Problem statement →
In the records below, the line with "groups_intersect_complete [] b" opens the range and the line with "any-elem_of (keep (λ" closes it; print that range exactly and nothing else.

Stored data
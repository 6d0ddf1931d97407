-- ===== src/Protect/Access/Groups.antt =====
-- Access through a common group.
use selenwright.Prelude.{
  ◌≡◌, refl, ◌≢◌, ◌↔◌, ◌⊎◌, inl, inr, true, false, List, [], ◌∷◌, Str, ◌==◌, ==_iff, ==_refl, elem,
  is_empty, keep, not, ◌&&◌, any, arith, if◌then◌else◌, Bool-cases, ap,
}
use selenwright.Protect.Access.{Identity, groups_intersect, session_access}

-- A group that is not the empty string and stands in both lists.
abbrev pub Common : List Str → List Str → Type 0
Common a b = (g : Str) × (g ≢ []) × (elem g a ≡ true) × (elem g b ≡ true)

named : (g : Str) → is_empty g ≡ false → g ≢ []
named [] h e = cc
named (c ∷ g) h e = cc

unnamed : (g : Str) → g ≢ [] → is_empty g ≡ false
unnamed [] n = absurd (n refl)
unnamed (c ∷ g) n = refl

elem-keep :
    (g : Str) (a : List Str)
    → elem g (keep (λ x. not (is_empty x)) a) ≡ (if is_empty g then false else elem g a)
unfolding elem
elem-keep g [] = ground arith
elem-keep g (x ∷ a) = elim (Bool-cases (x == g)) [
  | inl same ↦
      let e : x ≡ g = (==_iff x g).0 same in ground (arith, same, ap is_empty e, elem-keep g a)
  | inr other ↦ ground (arith, other, elem-keep g a)
]

any-elem :
    (s b : List Str)
    → any (λ g. elem g s) b ≡ true
    → (g : Str) × (elem g s ≡ true) × (elem g b ≡ true)
unfolding elem
any-elem s [] h = cc
any-elem s (x ∷ b) h = elim (Bool-cases (elem x s)) [
  | inl here ↦ (x, here, rw (==_refl x))
  | inr later ↦ let (g, p, q) = any-elem s b (ground arith) in (g, p, ground (arith, q))
]

any-elem_of :
    (s b : List Str) (g : Str) → elem g s ≡ true → elem g b ≡ true → any (λ g. elem g s) b ≡ true
unfolding elem
any-elem_of s [] g p q = cc
any-elem_of s (x ∷ b) g p q = elim (Bool-cases (x == g)) [
  | inl same ↦ rw ((==_iff x g).0 same, p)
  | inr other ↦ ground (arith, any-elem_of s b g p)
]

groups_intersect_sound : (a b : List Str) → groups_intersect a b ≡ true → Common a b
unfolding groups_intersect
groups_intersect_sound a b h =
    let (g, p, q) = any-elem (keep (λ x. not (is_empty x)) a) b (ground arith) in
    (g, named g (ground (arith, elem-keep g a, p)), ground (arith, elem-keep g a, p), q)

groups_intersect_complete : (a b : List Str) → Common a b → groups_intersect a b ≡ true
unfolding groups_intersect elem
groups_intersect_complete [] b (g, n, p, q) = cc
groups_intersect_complete (x ∷ a) [] (g, n, p, q) = cc
groups_intersect_complete (x ∷ a) (y ∷ b) (g, n, p, q) =
    any-elem_of (keep (λ x. not (is_empty x)) (x ∷ a)) (y ∷ b) g
      (ground (arith, elem-keep g (x ∷ a), unnamed g n, p)) q

-- What entitles an identity to a session: being an admin, being its owner by name, or a common
-- group; an empty name or group never counts.
abbrev pub Entitled : Identity → Str → List Str → Type 0
Entitled id owner groups =
    (id.is_admin ≡ true) ⊎ ((owner ≢ []) × (owner ≡ id.user)) ⊎ Common id.groups groups

session_access_sound :
    (id : Identity) (owner : Str) (groups : List Str)
    → session_access id owner groups ≡ true
    → Entitled id owner groups
unfolding session_access
session_access_sound id owner groups h = elim (Bool-cases id.is_admin) [
  | inl admin ↦ inl admin
  | inr plain ↦ elim (Bool-cases (not (is_empty owner) && owner == id.user)) [
    | inl own ↦ inr (inl (named owner (ground arith), (==_iff owner id.user).0 (ground arith)))
    | inr other ↦ inr (inr (groups_intersect_sound id.groups groups (ground arith)))
  ]
]

session_access_complete :
    (id : Identity) (owner : Str) (groups : List Str)
    → Entitled id owner groups
    → session_access id owner groups ≡ true
unfolding session_access
session_access_complete id owner groups (inl admin) = ground arith
session_access_complete id owner groups (inr (inl (n, e))) =
    ground (arith, unnamed owner n, (==_iff owner id.user).1 e)
session_access_complete id owner groups (inr (inr common)) =
    ground (arith, groups_intersect_complete id.groups groups common)

-- SessionAccess grants access exactly to the identities that are entitled to the session: to an
-- admin, to its owner by name, and to one whose groups share a group with the owner's, where an
-- empty name or group never counts.
pub session_access_iff :
    (id : Identity) (owner : Str) (groups : List Str)
    → (session_access id owner groups ≡ true) ↔ Entitled id owner groups
session_access_iff id owner groups =
    (session_access_sound id owner groups, session_access_complete id owner groups)
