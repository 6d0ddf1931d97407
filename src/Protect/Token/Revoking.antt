-- ===== src/Protect/Token/Revoking.antt =====
-- What a revocation does to later lookups.
use selenwright.Prelude.{
  ℕ, ◌≡◌, Bool, List, [], ◌∷◌, some, Str, ◌==◌, ==_iff, err, keep, not, has_prefix, arith, inl, inr,
  Bool-cases, Option-cases, All, subst, ◌≢◌,
}
use selenwright.Protect.Token.{
  Crypto, TokenRecord, TokenStore, token_not_found, Found, rebuild_index, first_match, lookup_token,
  hash_prefix, token_plaintext_prefix, revoke, revoke_by_owner, remove_first, count_owned,
  is_expired,
}
use selenwright.Protect.Token.Index.{IsIndexed, lookup_token-eq-scan, scan}
use selenwright.Protect.Token.Steps.{revokes, revokes_owner, apply, apply-IsIndexed}

-- A fact about every record holds of the record that a lookup finds.
first_match-All :
    (P : TokenRecord → Type 0) (Q : Found → Type 0)
    → ((t : TokenRecord) → P t → Q (record { owner = t.owner; groups = t.owner_groups; id = t.id }))
    → (c : Crypto) (now : ℕ) (plaintext : Str) (ts : List TokenRecord) (f : Found) → All P ts
    → first_match c now plaintext ts ≡ some f
    → Q f
unfolding first_match
first_match-All P Q imp c now plaintext [] f a e = cc
first_match-All P Q imp c now plaintext (t ∷ ts) f a e =
    elim (Bool-cases (c.compare t.hash plaintext)) [
      | inl fits ↦ elim (Bool-cases (is_expired now t.expires_at)) [
        | inl late ↦ absurd (ground arith)
        | inr valid ↦ subst Q (ground arith) (imp t a.0)
      ]
      | inr other ↦ first_match-All P Q imp c now plaintext ts f a.1 (ground arith)
    ]

All-keep :
    (P : TokenRecord → Type 0) (q : TokenRecord → Bool) (ts : List TokenRecord)
    → All P ts
    → All P (keep q ts)
All-keep P q [] a = tt
All-keep P q (t ∷ ts) a = ground (arith, All-keep P q ts a.1)

lookup_token-All :
    (P : TokenRecord → Type 0) (Q : Found → Type 0)
    → ((t : TokenRecord) → P t → Q (record { owner = t.owner; groups = t.owner_groups; id = t.id }))
    → (c : Crypto) (now : ℕ) (plaintext : Str) (s : TokenStore) (f : Found) → IsIndexed s
    → All P s.tokens
    → lookup_token c now plaintext s ≡ some (some f)
    → Q f
unfolding scan
lookup_token-All P Q imp c now plaintext s f v a e =
    elim (Bool-cases (has_prefix plaintext token_plaintext_prefix)) [
      | inl good ↦
          first_match-All P Q imp c now plaintext
            (keep (λ t. t.hash_prefix == hash_prefix c plaintext) s.tokens) f
            (All-keep P (λ t. t.hash_prefix == hash_prefix c plaintext) s.tokens a)
            (ground (arith, lookup_token-eq-scan c now plaintext s v))
      | inr bad ↦ absurd (ground (arith, lookup_token-eq-scan c now plaintext s v))
    ]

unowned-keep :
    (owner : Str) (ts : List TokenRecord)
    → All (λ t. t.owner ≢ owner) (keep (λ t. not (t.owner == owner)) ts)
unowned-keep owner [] = tt
unowned-keep owner (t ∷ ts) = ground (arith, ==_iff t.owner owner, unowned-keep owner ts)

unowned_of_none :
    (owner : Str) (ts : List TokenRecord) → count_owned owner ts ≡ 0 → All (λ t. t.owner ≢ owner) ts
unfolding count_owned
unowned_of_none owner [] e = tt
unowned_of_none owner (t ∷ ts) e = ground (arith, ==_iff t.owner owner, unowned_of_none owner ts)

revoke_by_owner-unowned :
    (written : Bool) (owner : Str) (s : TokenStore)
    → All (λ t. t.owner ≢ owner) (revoke_by_owner written owner s).0.tokens
unfolding revoke_by_owner rebuild_index
revoke_by_owner-unowned written owner s =
    ground (arith, unowned_of_none owner s.tokens, unowned-keep owner s.tokens)

-- After RevokeByOwner, whether or not the write succeeds, no plaintext is accepted as a token of
-- that owner.
pub lookup_token-revoke_by_owner :
    (c : Crypto) (now : ℕ) (plaintext : Str) (written : Bool) (owner : Str) (s : TokenStore)
    (f : Found)
    → IsIndexed s
    → lookup_token c now plaintext (revoke_by_owner written owner s).0 ≡ some (some f)
    → f.owner ≢ owner
lookup_token-revoke_by_owner c now plaintext written owner s f v e =
    lookup_token-All (λ t. t.owner ≢ owner) (λ f. f.owner ≢ owner) (λ t h. h) c now plaintext
      (revoke_by_owner written owner s).0 f
      (unfold apply in (apply-IsIndexed c s (revokes_owner written owner) v))
      (revoke_by_owner-unowned written owner s) e

-- The ids of the records differ.
abbrev pub IdsNodup : List TokenRecord → Type 0
IdsNodup [] = Unit
IdsNodup (t ∷ ts) = All (λ u. u.id ≢ t.id) ts × IdsNodup ts

remove_first-gone :
    (id : Str) (ts us : List TokenRecord)
    → IdsNodup ts
    → remove_first id ts ≡ some us
    → All (λ t. t.id ≢ id) us
unfolding remove_first
remove_first-gone id [] us n e = cc
remove_first-gone id (t ∷ ts) us n e = elim (Bool-cases (t.id == id)) [
  | inl same ↦
      let h : ts ≡ us = ground arith in
      let k : t.id ≡ id = (==_iff _ _).0 same in
      subst (All (λ u. u.id ≢ id)) h (subst (λ i. All (λ u. u.id ≢ i) ts) k n.0)
  | inr other ↦ elim (Option-cases (remove_first id ts)) [
    | inl none_left ↦ absurd (ground arith)
    | inr (rest, found) ↦
        let h : t ∷ rest ≡ us = ground arith in
        subst (All (λ u. u.id ≢ id)) h
          ((λ k. cc (other, (==_iff _ _).1 k)), remove_first-gone id ts rest n.1 found)
  ]
]

revoke-gone :
    (written : Bool) (id : Str) (s : TokenStore)
    → IdsNodup s.tokens
    → (revoke written id s).1 ≢ err token_not_found
    → All (λ t. t.id ≢ id) (revoke written id s).0.tokens
unfolding revoke rebuild_index
revoke-gone written id s n known = elim (Option-cases (remove_first id s.tokens)) [
  | inl missing ↦ absurd (known (ground arith))
  | inr (us, found) ↦ ground (arith, remove_first-gone id s.tokens us n found)
]

-- After Revoke of an id that some record has, whether or not the write succeeds, no plaintext is
-- accepted as the token of that id. The ids of the records are assumed to differ.
lookup_token-revoke :
    (c : Crypto) (now : ℕ) (plaintext : Str) (written : Bool) (id : Str) (s : TokenStore)
    (f : Found)
    → IsIndexed s
    → IdsNodup s.tokens
    → (revoke written id s).1 ≢ err token_not_found
    → lookup_token c now plaintext (revoke written id s).0 ≡ some (some f)
    → f.id ≢ id
lookup_token-revoke c now plaintext written id s f v n known e =
    lookup_token-All (λ t. t.id ≢ id) (λ f. f.id ≢ id) (λ t h. h) c now plaintext
      (revoke written id s).0 f (unfold apply in (apply-IsIndexed c s (revokes written id) v))
      (revoke-gone written id s n known) e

Answer to this problem →
groups_intersect_complete [] b (g, n, p, q) = cc
groups_intersect_complete (x ∷ a) [] (g, n, p, q) = cc
groups_intersect_complete (x ∷ a) (y ∷ b) (g, n, p, q) =
    any-elem_of (keep (λ x. not (is_empty x)) (x ∷ a)) (y ∷ b) g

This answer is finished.